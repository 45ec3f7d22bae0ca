-- ===== src/Combat/Buffs/Specs.antt =====
-- combat/buffs.go: buff specs and instances.
use text.Mathlib.Text.{◌==◌ as str_eq}
use roost_skill.Common.{ℕ, Bool, List, map, String, any}
use roost_skill.Common.Int.{ℤ}
use roost_skill.Combat.FixedMath.{saturating_mul}
use roost_skill.Combat.Attributes.{Modifier}

-- BuffRefresh, BuffExtend, BuffIgnore, BuffIndependent, and every other uint8 value.
pub data BuffStackPolicy : Type 0 where
  refresh extend ignore independent : BuffStackPolicy
  unknown : ℕ → BuffStackPolicy

pub record BuffSpec : Type 0 where
  pub id : ℕ
  pub tags : List String
  pub grants_immunity_to : List String
  pub max_stacks : ℤ
  pub stack_policy : BuffStackPolicy
  pub duration_ticks : ℤ
  pub tenacity_affected : Bool
  pub max_duration_ticks : ℤ
  pub modifiers : List Modifier

pub data BuffApplyOutcome : Type 0 where
  applied stacked refreshed ignored blocked_immune : BuffApplyOutcome

pub record BuffInstance : Type 0 where
  pub instance_id : ℕ
  pub spec : BuffSpec
  pub stacks : ℤ
  pub source : ℤ
  pub applied_tick : ℤ
  pub due_tick : ℤ

unfoldable pub contains_tag : List String → String → Bool
contains_tag tags want = any (λ tag. str_eq tag want) tags

-- The modifiers of a spec at a number of stacks.
unfoldable pub scaled_modifiers : ℤ → List Modifier → List Modifier
scaled_modifiers stacks = map λ m. record {
  attribute = m.attribute;
  flat = saturating_mul m.flat stacks;
  rate_bp = saturating_mul m.rate_bp stacks;
}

HOW TO COMPLETE THIS TASK:
Copy all of the data exactly. Skip nothing.

RESULT FOR THIS TASK:
repository 45ec3f7d22bae0ca
-- ===== src/Combat/Buffs/Specs.antt =====
-- combat/buffs.go: buff specs and instances.
use text.Mathlib.Text.{◌==◌ as str_eq}
use roost_skill.Common.{ℕ, Bool, List, map, String, any}
use roost_skill.Common.Int.{ℤ}
use roost_skill.Combat.FixedMath.{saturating_mul}
use roost_skill.Combat.Attributes.{Modifier}

-- BuffRefresh, BuffExtend, BuffIgnore, BuffIndependent, and every other uint8 value.
pub data BuffStackPolicy : Type 0 where
  refresh extend ignore independent : BuffStackPolicy
  unknown : ℕ → BuffStackPolicy

pub record BuffSpec : Type 0 where
  pub id : ℕ
  pub tags : List String
  pub grants_immunity_to : List String
  pub max_stacks : ℤ
  pub stack_policy : BuffStackPolicy
  pub duration_ticks : ℤ
  pub tenacity_affected : Bool
  pub max_duration_ticks : ℤ
  pub modifiers : List Modifier

pub data BuffApplyOutcome : Type 0 where
  applied stacked refreshed ignored blocked_immune : BuffApplyOutcome

pub record BuffInstance : Type 0 where
  pub instance_id : ℕ
  pub spec : BuffSpec
  pub stacks : ℤ
  pub source : ℤ
  pub applied_tick : ℤ
  pub due_tick : ℤ

unfoldable pub contains_tag : List String → String → Bool
contains_tag tags want = any (λ tag. str_eq tag want) tags

-- The modifiers of a spec at a number of stacks.
unfoldable pub scaled_modifiers : ℤ → List Modifier → List Modifier
scaled_modifiers stacks = map λ m. record {
  attribute = m.attribute;
  flat = saturating_mul m.flat stacks;
  rate_bp = saturating_mul m.rate_bp stacks;
}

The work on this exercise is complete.